Melanie Esparza Week 8

It was very interesting to read Robert Lanza’s piece “The American Scholar: A New Theory of the Universe” because it deals with some of the most complicated questions I’ve ever asked. From the time we are born, we are taught that time flows forward, and there is no way to go back or forward. Similarly, we are taught that we can not travel in space. I didn’t really start questioning any of this until I came to college and took a class in astronomy. In this class, we went into depth into the big bang theory and it’s always felt like an incomplete equation. Scientists theorize that there was a random bang that created this universe, but how can that be explained. How can the universe be infinitely expanding with no source of energy or perturbation to have caused this? Moreover, how is it that such perfect conditions were met such as those required for life on Earth? Robert mentions that there are at least 200 very specific parameters within our solar system alone that are necessary for life as it is. Scientific theory assumes this to be random, but it’s such a leap from everything else which must always be quantified. Robert describes that time and space are relative to ourselves and what we have been told. This makes perfect sense when you consider that our reality truly is just our perception of it.
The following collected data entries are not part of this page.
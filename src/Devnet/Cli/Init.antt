-- ===== src/Devnet/Cli/Init.antt =====
-- `init`, `start`, `serve` and `supervisorctl` of tempo/devnet/cli.py, as steps on the machine: a call
-- comes to a result and to the machine that it leaves.
use tempo_py.Prelude.{
  Bool, true, false, if◌then◌else◌, List, [], ◌∷◌, none, some, Result, ok, err, system_exit,
}
use tempo_py.Python.Bytes.{Str, codes}
use tempo_py.Devnet.Yaml.{Entries}
use tempo_py.Devnet.DevnetConfig.{DevnetData, DevnetConfig}
use tempo_py.Devnet.DevnetConfig.ToDict.{devnet_to_dict}
use tempo_py.Devnet.DevnetConfig.Genesis.{Ipaddress}
use tempo_py.Devnet.Backends.Localnet.{Generator, generate_localnet}
use tempo_py.Devnet.Docker.Compose.{generate_docker_compose}
use tempo_py.Devnet.Supervisor.{generate_supervisor_config}
use tempo_py.Devnet.Cli.{
  Override, Host, Home, Reader, checks, exit_on_runtime_error, genesis_validators, new_dir,
  new_files, no_docker,
}

-- The data directory on the machine: it is not there; it is there with known contents; or a failed
-- `init` left it, with nothing known but whether supervisord.ini is there.
pub data Machine {ℓ} (H : Type ℓ) : Type ℓ where
  absent : Machine H
  holding : H → Machine H
  unfinished : Bool → Machine H

-- `data_dir.exists()`
abbrev pub data_dir_exists {ℓ} : {H : Type ℓ} → Machine H → Bool
data_dir_exists absent = false
data_dir_exists (holding home) = true
data_dir_exists (unfinished ini) = true

-- A call on the machine.
abbrev pub Step {ℓ κ} : Type ℓ → Type κ → Type (ℓ ⊔ κ)
Step H A = Machine H → Result A × Machine H

abbrev pub proceed {ℓ κ μ} :
    {H : Type ℓ} {A : Type κ} {B : Type μ}
    → (A → Step H B)
    → Result A × Machine H
    → Result B × Machine H
proceed next (err e, after) = (err e, after)
proceed next (ok a, after) = next a after

infixl 5 ◌>>=◌
abbrev pub ◌>>=◌ {ℓ κ μ} :
    {H : Type ℓ} {A : Type κ} {B : Type μ} → Step H A → (A → Step H B) → Step H B
◌>>=◌ first next machine = proceed next (first machine)

-- A call that changes nothing.
abbrev pub lift {ℓ κ} : {H : Type ℓ} {A : Type κ} → Result A → Step H A
lift result machine = (result, machine)

-- A call that leaves the machine `broken` where it fails.
abbrev pub leaving {ℓ κ} : {H : Type ℓ} {A : Type κ} → Machine H → Result A → Step H A
leaving broken (err e) machine = (err e, broken)
leaving broken (ok a) machine = (ok a, machine)

abbrev pub put {ℓ} : {H : Type ℓ} → Machine H → Step H (Unit {0})
put after machine = (ok tt, after)

module _ {ℓ} {D G : Type ℓ} where
  -- A new data directory.
  abbrev pub empty_home : Home D G
  empty_home = record { layout = new_dir; saved = none; files = new_files none; docker = no_docker }

  -- `shutil.rmtree(data_dir)`
  unfoldable pub rmtree : Step (Home D G) (Unit {0})
  rmtree machine = (ok tt, absent)

  -- `data_dir.mkdir(parents=True)`, and the directory that is made.
  unfoldable pub mkdir : Step (Home D G) (Home D G)
  mkdir machine = (ok empty_home, holding empty_home)

  -- The data directory is made, and an old one removed where `force` is given.
  unfoldable pub prepare : Bool → Step (Home D G) (Home D G)
  unfolding rmtree mkdir
  prepare force machine =
      if data_dir_exists machine
      then (if force then (rmtree >>= λ u. mkdir) machine else (err system_exit, machine))
      else mkdir machine

  module _ (host : Host) (ip : Ipaddress) (generator : Generator D) (reader : Reader D G)
      (merge : G → Entries → G) where
    -- The rest of `init`, in the directory that was made.
    unfoldable pub fill : DevnetConfig → Str → Bool → Home D G → Step (Home D G) (Unit {0})
    fill cfg path gen_compose_file home = do
      validators ← lift (genesis_validators ip cfg gen_compose_file)
      layout ← leaving (unfinished false) (
          exit_on_runtime_error
            (generate_localnet ip generator cfg path validators gen_compose_file home.layout))
      let enodes = reader.enodes_of layout
      files ← leaving (unfinished false) (
          generate_supervisor_config merge cfg enodes path true
            (record home.files { genesis = reader.genesis_of layout }))
      docker ← leaving (unfinished true) (
          if gen_compose_file
          then generate_docker_compose ip cfg enodes true home.docker
          else ok home.docker)
      put (
          holding (record {
            layout = layout;
            saved = some (devnet_to_dict cfg);
            files = files;
            docker = docker;
          }))

    -- `init`
    unfoldable pub init :
        Result DevnetData → Str → Bool → Bool → List Override → Step (Home D G) (Unit {0})
    unfolding checks prepare fill
    init loaded path force gen_compose_file overrides = do
      cfg ← lift (checks host ip loaded gen_compose_file overrides)
      home ← prepare force
      fill cfg path gen_compose_file home

  -- `data_dir / SUPERVISOR_CONFIG_FILE`, which has to be there.
  unfoldable pub tasks_ini : Host → Str → Machine (Home D G) → Result Str
  tasks_ini host path absent = err system_exit
  tasks_ini host path (unfinished false) = err system_exit
  tasks_ini host path (unfinished true) = ok (host.join_path path (codes "supervisord.ini"))
  tasks_ini host path (holding home) = elim home.files.ini [
    | none ↦ err system_exit
    | some ini ↦ ok (host.join_path path (codes "supervisord.ini"))
  ]

  -- `start`: the arguments of the process that replaces this one.
  unfoldable pub start : Host → Str → Machine (Home D G) → Result (List Str)
  unfolding tasks_ini
  start host path machine = elim (tasks_ini host path machine) [
    | err e ↦ err e
    | ok ini ↦
        ok (host.executable ∷ codes "-m" ∷ codes "supervisor.supervisord" ∷ codes "-c" ∷ ini ∷ [])
  ]

  -- `supervisorctl`: the arguments of `supervisorctl_main`.
  unfoldable pub supervisorctl : Host → List Str → Str → Machine (Home D G) → Result (List Str)
  unfolding tasks_ini
  supervisorctl host args path machine = elim (tasks_ini host path machine) [
    | err e ↦ err e
    | ok ini ↦ ok (codes "-c" ∷ ini ∷ args)
  ]

  -- What follows `init` in `CLI.serve`: `start`, where `init` returned.
  abbrev pub after_init : Host → Str → Result (Unit {0}) × Machine (Home D G) → Result (List Str)
  after_init host path (err e, machine) = err e
  after_init host path (ok u, machine) = start host path machine

  -- `CLI.serve`
  unfoldable pub serve :
      Host
      → Ipaddress
      → Generator D
      → Reader D G
      → (G → Entries → G)
      → Result DevnetData
      → Str
      → Bool
      → Bool
      → List Override
      → Machine (Home D G)
      → Result (List Str)
  unfolding init start
  serve host ip generator reader merge loaded path force gen_compose_file overrides machine =
      after_init host path
        (init host ip generator reader merge loaded path force gen_compose_file overrides machine)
We already know that our eyes are only capable of seeing within a certain range of wavelengths and our ears are limited to certain frequencies. There is a lot that we are not hearing and seeing. Perhaps there is more that we are not feeling either. A human’s reality will be very different from a fly’s reality, but they are both just as real and unreal. We are used to viewing the world through an anthropocentric lens, but that limits our perception.